● How to complete this task
The answer must be every line of the data that holds the word "script".
------------
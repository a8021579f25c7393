-- ===== src/Redis/Server.antt =====
-- A server in memory, to try the clients of Redis on: a value that may expire at each key, and the
-- members of each set.
use my_go.Common.{
  ℕ, ℤ, pos, negsuc, ◌*◌, ◌≤◌, ◌<◌, ◌≡◌, refl, subst, sym, inl, inr, ◌⊎◌, Bool-cases, zero, suc,
  Time, Duration, String, List, [], ◌∷◌, Option, none, some, true, not, if◌then◌else◌, ok, err,
  leb_ℤ, str_eq, StringMap, lookup, insert, erase, lookup-insert, lookup-erase, drop_if, arith,
  eq_iff, add_time,
}
use my_go.Redis.{Client, Command, set_command, sadd_command, srem_command, del_command}
use my_go.Redis.Entries.{
  Entry, is_gone, gone_by, is_some, value_of, one_if, after_set_nx, after_expire, entry_for,
  IsRedis, Changed, millisecond, Sets, IsStore,
}

pub record Server : Type 0 where
  pub entries : StringMap Entry
  pub names : List String

abbrev pub no_entries : Server
no_entries = record { entries = []; names = [] }

abbrev pub held : Time → String → Server → Option Entry
held now key s = drop_if (is_gone now) (lookup key s.entries)

abbrev pub put_or_erase : String → Option Entry → Server → Server
put_or_erase key none s = record s { entries = erase key s.entries }
put_or_erase key (some e) s = record s { entries = insert key e s.entries }

abbrev entry_of : Time → String → Duration → Entry
entry_of now v ttl = record {
  value = v;
  expires_at = if leb_ℤ ttl (pos 0) then none else some (add_time now ttl);
}

unfoldable pub without : String → List String → List String
without gone [] = []
without gone (name ∷ names) =
    let kept = without gone names in if str_eq name gone then kept else name ∷ kept

abbrev run_command : Time → Command → Server → Server
run_command now (set_command key v ttl) s = put_or_erase key (some (entry_of now v ttl)) s
run_command now (sadd_command key name) s = record s { names = name ∷ s.names }
run_command now (srem_command key name) s = record s { names = without name s.names }
run_command now (del_command key) s = put_or_erase key none s

unfoldable pub run_commands : Time → List Command → Server → Server
run_commands now [] s = s
run_commands now (c ∷ cs) s = run_commands now cs (run_command now c s)

abbrev pub server_client : Client Server
server_client = record {
  get = λ now key s. ok (value_of (held now key s));
  exists = λ now key s. ok (one_if (is_some (held now key s)));
  smembers = λ key s. ok s.names;
  set = λ now key v ttl s. (put_or_erase key (some (entry_of now v ttl)) s, none);
  set_nx = λ now key v ttl s. (
    put_or_erase key (after_set_nx now v ttl (held now key s)) s,
    ok (not (is_some (held now key s))),
  );
  del = λ key s. (put_or_erase key none s, none);
  ping = λ s. none;
  exec = λ now cs s. (run_commands now cs s, none);
  run_script = λ script s. script s;
  call_get = λ now key s. value_of (held now key s);
  call_del = λ now key s. (put_or_erase key none s, one_if (is_some (held now key s)));
  call_expire = λ now key secs s. (
    put_or_erase key (after_expire now secs (held now key s)) s,
    one_if (is_some (held now key s)),
  );
  call_set_ex = λ now key n secs s. (s, some "not in this server");
  call_incrby = λ now key n s. (s, err "not in this server");
}

gone_by-later : (t t' : Time) (o : Option Time) → t ≤ t' → gone_by t o ≡ true → gone_by t' o ≡ true
gone_by-later t t' none h e = e
gone_by-later t t' (some u) h e = ground arith

drop_if-later :
    (t t' : Time) (o : Option Entry)
    → t ≤ t'
    → drop_if (is_gone t') o ≡ drop_if (is_gone t') (drop_if (is_gone t) o)
drop_if-later t t' none h = refl
drop_if-later t t' (some e) h = elim (Bool-cases (is_gone t e)) [
  | inl g ↦ rw (g, gone_by-later t t' e.expires_at h g) refl
  | inr g ↦ rw g refl
]

drop_if-twice :
    (now : Time) (o : Option Entry)
    → drop_if (is_gone now) (drop_if (is_gone now) o) ≡ drop_if (is_gone now) o
drop_if-twice now o = sym (drop_if-later now now o (omega arith))

Changed-put_or_erase :
    (now : Time) (key : String) (new : Option Entry) (s : Server)
    → drop_if (is_gone now) new ≡ new
    → Changed held now key new s (put_or_erase key new s)
Changed-put_or_erase now key none s e wanted = elim (Bool-cases (str_eq key wanted)) [
  | inl b ↦ rw (lookup-erase key wanted s.entries, b) refl
  | inr b ↦ rw (lookup-erase key wanted s.entries, b) refl
]
Changed-put_or_erase now key (some x) s e wanted = elim (Bool-cases (str_eq key wanted)) [
  | inl b ↦ rw (lookup-insert key wanted x s.entries, b) e
  | inr b ↦ rw (lookup-insert key wanted x s.entries, b) refl
]

after_set_nx-stays :
    (now : Time) (v : String) (ttl : Duration) (ms : ℕ) (o : Option Entry)
    → 0 < ms
    → ttl ≡ pos (ms * millisecond)
    → drop_if (is_gone now) o ≡ o
    → drop_if (is_gone now) (after_set_nx now v ttl o) ≡ after_set_nx now v ttl o
after_set_nx-stays now v ttl ms none h e p = ground arith
after_set_nx-stays now v ttl ms (some x) h e p = p

after_expire-stays :
    (now : Time) (secs : ℤ) (o : Option Entry)
    → drop_if (is_gone now) (after_expire now secs o) ≡ after_expire now secs o
after_expire-stays now secs none = refl
after_expire-stays now (pos zero) (some e) = refl
after_expire-stays now (pos (suc n)) (some e) = ground arith
after_expire-stays now (negsuc n) (some e) = refl

entry_of-positive :
    (now : Time) (v : String) (ttl : Duration) (ms : ℕ)
    → 0 < ms
    → ttl ≡ pos (ms * millisecond)
    → entry_of now v ttl ≡ entry_for now v ttl
entry_of-positive now v ttl ms h e = ground arith

pub server-IsRedis : IsRedis server_client held
server-IsRedis = record {
  held_later = λ t t' key s h. drop_if-later t t' (lookup key s.entries) h;
  set_nx_law = λ now key v ttl ms s h e. inl (
    refl,
    Changed-put_or_erase now key (after_set_nx now v ttl (held now key s)) s
        (after_set_nx-stays now v ttl ms _ h e (drop_if-twice now (lookup key s.entries))),
  );
  set_law = λ now key v ttl ms s h e. inl (
    refl,
    λ wanted.
        subst
          (λ x.
            drop_if (is_gone now) (lookup wanted (put_or_erase key (some x) s).entries)
            ≡ (if str_eq key wanted then some (entry_for now v ttl) else held now wanted s))
          (sym (entry_of-positive now v ttl ms h e))
          (Changed-put_or_erase now key (some (entry_for now v ttl)) s
            (after_set_nx-stays now v ttl ms none h e refl) wanted),
  );
  run_script_law = λ script s. inl refl;
  call_get_law = λ now key s. refl;
  call_del_law = λ now key s. (Changed-put_or_erase now key none s refl, refl);
  call_expire_law = λ now key secs s. (
    Changed-put_or_erase now key (after_expire now secs (held now key s)) s
        (after_expire-stays now secs _),
    refl,
  );
}

none_no_value : (v : String) → ◌≡◌ {A = Option String} none (some v) → ⊥
none_no_value v e = cc

some_same : (x v : String) → ◌≡◌ {A = Option String} (some x) (some v) → x ≡ v
some_same x v e = cc

value-erase :
    (at : Time) (gone key v : String) (s : Server)
    → value_of (held at key (put_or_erase gone none s)) ≡ some v
    → value_of (held at key s) ≡ some v
value-erase at gone key v s e = elim (Bool-cases (str_eq gone key)) [
  | inl b ↦ absurd (none_no_value v (rw (lookup-erase gone key s.entries, b) at e))
  | inr b ↦ rw (lookup-erase gone key s.entries, b) at e
]

value_of_live :
    (at : Time) (x : Entry) (v : String)
    → value_of (drop_if (is_gone at) (some x)) ≡ some v
    → x.value ≡ v
value_of_live at x v e = elim (Bool-cases (is_gone at x)) [
  | inl b ↦ absurd (none_no_value v (rw b at e))
  | inr b ↦ some_same x.value v (rw b at e)
]

value-set :
    (now at : Time) (k x : String) (ttl : Duration) (key v : String) (s : Server)
    → value_of (held at key (run_command now (set_command k x ttl) s)) ≡ some v
    → (value_of (held at key s) ≡ some v) ⊎ ((k ≡ key) × (x ≡ v))
value-set now at k x ttl key v s e = elim (Bool-cases (str_eq k key)) [
  | inl b ↦ inr (
    (eq_iff k key).0 b,
    value_of_live at (entry_of now x ttl) v
        (rw (lookup-insert k key (entry_of now x ttl) s.entries, b) at e),
  )
  | inr b ↦ inl (rw (lookup-insert k key (entry_of now x ttl) s.entries, b) at e)
]

-- What is at a key after a command was there before, or the command set it.
value-run_commands :
    (now at : Time) (key v : String) (cs : List Command) (s : Server)
    → value_of (held at key (run_commands now cs s)) ≡ some v
    → (value_of (held at key s) ≡ some v) ⊎ Sets key v cs
unfolding run_commands
value-run_commands now at key v [] s e = inl e
value-run_commands now at key v (sadd_command k m ∷ cs) s e =
    value-run_commands now at key v cs (run_command now (sadd_command k m) s) e
value-run_commands now at key v (srem_command k m ∷ cs) s e =
    value-run_commands now at key v cs (run_command now (srem_command k m) s) e
value-run_commands now at key v (del_command k ∷ cs) s e =
    elim (value-run_commands now at key v cs (run_command now (del_command k) s) e) [
      | inr there ↦ inr there
      | inl old ↦ inl (value-erase at k key v s old)
    ]
value-run_commands now at key v (set_command k x ttl ∷ cs) s e =
    elim (value-run_commands now at key v cs (run_command now (set_command k x ttl) s) e) [
      | inr there ↦ inr (inr there)
      | inl old ↦ elim (value-set now at k x ttl key v s old) [
        | inl o ↦ inl o
        | inr n ↦ inr (inl n)
      ]
    ]

pub server-IsStore : IsStore server_client held
server-IsStore = record {
  get_law = λ now key s. inl refl;
  exec_law = λ now at key v cs s e. value-run_commands now at key v cs s e;
}
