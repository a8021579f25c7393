-- ===== src/Idempotency/RedisTests.antt =====
-- A witness on a Redis server in memory: two callers want one key.
use my_go.Common.{◌*◌, ◌≡◌, ◌≢◌, refl, pos, List, [], ◌∷◌, true, ok, err, lookup, second, arith}
use my_go.Redis.Server.{no_entries, server_client, held, server-IsRedis}
use my_go.Redis.Entries.{millisecond}
use my_go.Idempotency.Redis.{RecordCodec, try_mark_processing}
use my_go.Idempotency.Marks.{
  StorageCall, marking, saving_result, saving_error, call_all, try_mark_processing-once,
}

-- The text of a record is its key; none is read here.
abbrev keys_only : RecordCodec
keys_only = record { marshal = λ r. ok r.key; unmarshal = λ t. err "not read" }

abbrev writes : List StorageCall
writes =
    marking (6 * second) "order-1"
    ∷ saving_result (7 * second) "order-1" (42 ∷ [])
    ∷ saving_error (8 * second) "order-2" "declined"
    ∷ []

first_marks :
    (try_mark_processing server_client keys_only "idempotency"
      (5 * second)
      "order-1"
      (pos (30000 * millisecond))
      no_entries).1
    ≡ ok true
unfolding try_mark_processing lookup
first_marks = refl

try_mark_processing-once_example :
    let d =
      call_all server_client keys_only "idempotency"
        (pos (30000 * millisecond))
        (marking (5 * second) "order-1" ∷ writes)
        no_entries in
    (try_mark_processing server_client keys_only "idempotency"
      (34 * second)
      "order-1"
      (pos (30000 * millisecond))
      d).1
    ≢ ok true
try_mark_processing-once_example =
    try_mark_processing-once server_client held server-IsRedis keys_only "idempotency" 29999
      "order-1" (5 * second) (34 * second) writes no_entries first_marks
      (omega arith, (omega arith, (omega arith, omega arith))) (omega arith)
------------
● The completed task
  run_script = λ script s. script s;
  run_script_law = λ script s. inl refl;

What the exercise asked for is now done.